Nicolas Andry répond violemment à un Traité des dispenses de Carême de 1709, dont l’auteur, Philippe Hecquet, rappelait que dans les jours d’abstinence « l’Église ne permet que l’usage du poisson ou de ce qui en a les qualitez et la nature ». D’où, dans ce passage sur lequel le livre est ouvert, la loutre, le castor et la macreuse… Quel est donc le point commun qui les réunit ici ? – On les trouve dans les assiettes des moines dont la règle impose de s’abstenir de manger de la viande. Nulle contradiction à cela, dit Andry : le milieu de vie de ces trois « amphibies » étant l’eau, ils tiennent de la nature du poisson, ils participent du poisson. On peut donc les considérer comme des poissons, surtout quand il s’agit de passer à table : c’est évidemment valable pour tous les chrétiens tenus de respecter les prescriptions alimentaires du carême et des jours dits maigres. Cela dit, la macreuse est si malodorante, si coriace et si huileuse, que la consommer est moins de l’ordre du plaisir gustatif que de la contrition : la morale catholique est sauve.

Une chauve-souris
Oeuvres / Jacques et Paul Contant... – Poitiers : Julian Thoreau & la veuve d'Antoine Mesnier, 1628 (Poitiers, Bibliothèque universitaire, Fonds ancien, Méd. 3)

Paul Contant, collectionneur et pharmacien de Poitiers à la fin de la Renaissance, ouvrait aux visiteurs son cabinet de curiosités, à l’étage de sa maison sise au croisement des actuelles rues Arsène Orillard et de la Cathédrale. C’est ainsi que le Polonais Abraham Gölnitz, vers 1615, a eu l’occasion de voir, parmi un invraisemblable bric-à-brac, la chauve-souris géante qui figure sur cette planche gravée sous le n°18. Les gravures de Contant sont sans doute très exactes, mais les objets y figurent les uns à côté des autres sans aucun souci de proportion. Dans son récit de voyage (Ulysses belgo-gallicus, Amsterdam, 1655) Gölnitz donne à la chauve-souris naturalisée la taille d’un lièvre. Contant précise dans le catalogue exhaustif de sa collection que l’animal mesure trois pieds (presqu’un mètre) et qu’il a été trouvé « dans la grande pyramide d’Égypte ».

Des poissons volants
Oeuvres / Ambroise Paré... - Paris : Gabriel Buon, 1585 (Poitiers, Bibliothèque universitaire, Fonds ancien, Méd. 22)
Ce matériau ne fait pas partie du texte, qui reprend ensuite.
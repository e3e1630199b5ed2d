-- ===== src/Tests/Gate.antt =====
-- The gate, enrollment and attestation, applied at runs.
use touchvault.Vault.Create.{blank, create, enroll_request}
use touchvault.Base.{
  if◌then◌else◌, is_empty, ◌≡◌, ◌≢◌, ◌↔◌, ◌++◌, refl, arith, [], ◌∷◌, none, true, Bytes, nat_Eq,
  length, codes, List, All, some,
}
use touchvault.Errors.{ok}
use touchvault.Authenticator.{
  EnrollResult, DeriveResult, derive_request, uv_discouraged, DeriveRequest, salt_len,
}
use touchvault.World.{World, enrolled, derived}
use touchvault.Attestation.{verify_genuine_hardware}
use touchvault.Attestation.Genuine.{IsGenuine, verify_genuine_hardware_iff}
use touchvault.Attestation.Describe.{bundled_roots}
use touchvault.Attestation.Roots.{
  Use, asks, changes, untouched, pool_at, ask_roots, verify_with, use_all,
}
use touchvault.Attestation.Roots.Intact.{bundled_roots_lem}
use touchvault.Sealed.Document.{SealedKey}
use touchvault.Sealed.Parse.Valid.{IsWellFormed}
use touchvault.Crypto.Pure.{unwrap_data_key, data_key_len}
use touchvault.Entropy.{flip_last, verify_derivation_depends_on_salt}
use touchvault.Entropy.Gate.{verify-eq-ok}
use touchvault.Vault.Touches.{Touched}
use touchvault.Vault.Touches.Creating.{create-Touched}
use touchvault.Vault.Options.{first_slot, rp_name}
use touchvault.Vault.Created.{create_lem, create_truncated}
use touchvault.Toy.Cipher.{toy-IsGcm}
use touchvault.Toy.Keys.{
  toy, toy-IsFullRead, first_key, short_key, short_key-Truncates, toy_options, start, credential,
}
use touchvault.Tests.Created.{made_session, made_world, created, salt}

create_lem_example :
    (cred : EnrollResult) × (answer : DeriveResult) × (entry : SealedKey) × (user_id : Bytes)
    × (verify_genuine_hardware toy cred none ≡ ok tt)
    × IsWellFormed made_session.doc
    × (made_session.doc.rpid ≡ toy_options.rpid)
    × (made_session.doc.entropy_verified ≡ true)
    × (made_session.doc.user_verified ≡ answer.user_verified)
    × (answer.user_present ≡ true)
    × (made_session.doc.secrets ≡ [])
    × (made_session.doc.keys ≡ entry ∷ [])
    × (entry.slot ≡ first_slot)
    × (entry.credential_id ≡ cred.credential_id)
    × (unwrap_data_key toy.crypto made_session.doc entry answer.secret ≡ ok made_session.data_key)
    × (length made_session.data_key ≡ data_key_len)
    × (made_world.gestures
        ≡ start.gestures
          ++ (enrolled
                (enroll_request toy_options.rpid (rp_name toy_options) user_id uv_discouraged)
              ∷ derived (
                  derive_request toy_options.rpid
                    (cred.credential_id ∷ [])
                    made_session.doc.salt
                    uv_discouraged)
              ∷ derived (
                  derive_request toy_options.rpid
                    (cred.credential_id ∷ [])
                    (flip_last made_session.doc.salt)
                    uv_discouraged)
              ∷ []))
    × (before_enroll : toy.Outside) × (before_derive : toy.Outside) × ((first_key.enroll
          (enroll_request toy_options.rpid (rp_name toy_options) user_id uv_discouraged)
          before_enroll).0
        ≡ ok cred)
    × ((first_key.derive
          (derive_request toy_options.rpid
            (cred.credential_id ∷ [])
            made_session.doc.salt
            uv_discouraged)
          before_derive).0
        ≡ ok answer)
create_lem_example =
    create_lem toy toy-IsGcm toy-IsFullRead first_key toy_options start made_world made_session
      created

create_truncated_example : create toy short_key toy_options start ≢ (ok made_session, made_world)
create_truncated_example =
    create_truncated toy short_key toy_options 31 short_key-Truncates (omega arith) start made_world
      made_session

abbrev probe : DeriveRequest
probe = derive_request (codes "acme") ((7 ∷ []) ∷ []) (flip_last salt) uv_discouraged

abbrev probed : World toy
probed = record { outside = 41; gestures = derived probe ∷ [] }

gate_passed :
    verify_derivation_depends_on_salt toy first_key
      (codes "acme")
      (7 ∷ [])
      salt
      (salt ++ (7 ∷ []))
      uv_discouraged
      true
      start
    ≡ (ok tt, probed)
unfolding verify_derivation_depends_on_salt flip_last
gate_passed = refl

verify-eq-ok_example :
    (got : DeriveResult) × ((first_key.derive probe start.outside).0 ≡ ok got)
    × (length salt ≡ salt_len)
    × (got.user_present ≡ true)
    × (got.user_verified ≡ true)
    × (got.secret ≢ [])
    × (got.secret ≢ salt ++ (7 ∷ []))
    × (probed.gestures ≡ start.gestures ++ (derived probe ∷ []))
verify-eq-ok_example =
    verify-eq-ok toy first_key (codes "acme") (7 ∷ []) salt (salt ++ (7 ∷ [])) uv_discouraged true
      start probed gate_passed

verify_genuine_hardware_iff_example :
    (verify_genuine_hardware toy (credential (7 ∷ [])) none ≡ ok tt)
    ↔ IsGenuine toy (credential (7 ∷ [])) none
verify_genuine_hardware_iff_example = verify_genuine_hardware_iff toy (credential (7 ∷ [])) none

-- A key that reads too little of the salt is touched three times, and then refused.
create-Touched_example :
    let after = (create toy short_key toy_options start).1 in
    if is_empty toy_options.rpid
    then (after.gestures ≡ start.gestures)
    else (salt : Bytes) × Touched toy short_key toy_options
        (blank toy toy_options.rpid salt)
        uv_discouraged
        start
        after
create-Touched_example = create-Touched toy short_key toy_options start

-- Two callers ask for the roots, and the first one empties its pool.
abbrev uses : List (Use toy.certs)
uses = asks ∷ asks ∷ changes 1 (λ pool. toy.certs.pool_from_pem []) ∷ []

bundled_roots_lem_example :
    let s = use_all toy uses untouched in
    ((verify_with toy (credential []) none s).0 ≡ verify_genuine_hardware toy (credential []) none)
    × (let (b, t) = ask_roots s in
        (pool_at t b ≡ some (bundled_roots toy.certs))
        × All (λ a. b ≢ some a) s.given
        × (b ≢ t.roots))
bundled_roots_lem_example = bundled_roots_lem toy uses (credential [])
Ambroise Paré cite un texte et une image de la Cosmographie de Thevet (1575) qui ont pour objet une espèce de poissons volants appelés par les Sauvages « Bulampech ». L’image est aussi chargée d’accompagner un extrait de l’Histoire d’un voyage en la terre de Bresil de Jean de Léry (1578), où il est également question de poissons volants, dont se repaissent des oiseaux qui « vivent ainsi de proye sur mer ». Ces « oyseaux marins », que l’image décontextualisée ne saurait évidemment prendre en charge, constituent une étonnante réplique au phénomène naturel que sont des poissons évoluant dans les airs. Voici la suite du texte de Léry : « Ils sont de plumage gris comme esperviers : mais combien que quant à l’extérieur, ils paroissent aussi gros que Corneilles, si est-ce toutefois que quand ils sont plumez, il ne s’y trouve gueres plus de chair qu’en un passereau : de façon que c’est merveille, qu’estant si petits de corps, ils puissent neanmoins prendre et manger des poissons plus grans et plus gros qu’ils ne sont : au reste ils n’ont qu’un boyau, et ont les pieds plats comme ceux des canes. »

Parcours standard

Longtemps appelé « hirondelle de mer », le poisson volant vérifie cette idée, que les humanistes lisaient au livre IX de l’Histoire naturelle de Pline, que chaque bête terrestre ou volatile trouve son correspondant dans la mer, « les unes, pour la grande similitude qu’elles ont avec les bêtes terrestres », précise le zoologue Pierre Belon (1553), « les autres pour ce qu’elles approchent aucunement de la nature d’icelles ». Cette nomination par analogie trouve la caution de la Bible : Adam, chargé de nommer les êtres vivants de la Création, n’a pas donné de nom aux poissons.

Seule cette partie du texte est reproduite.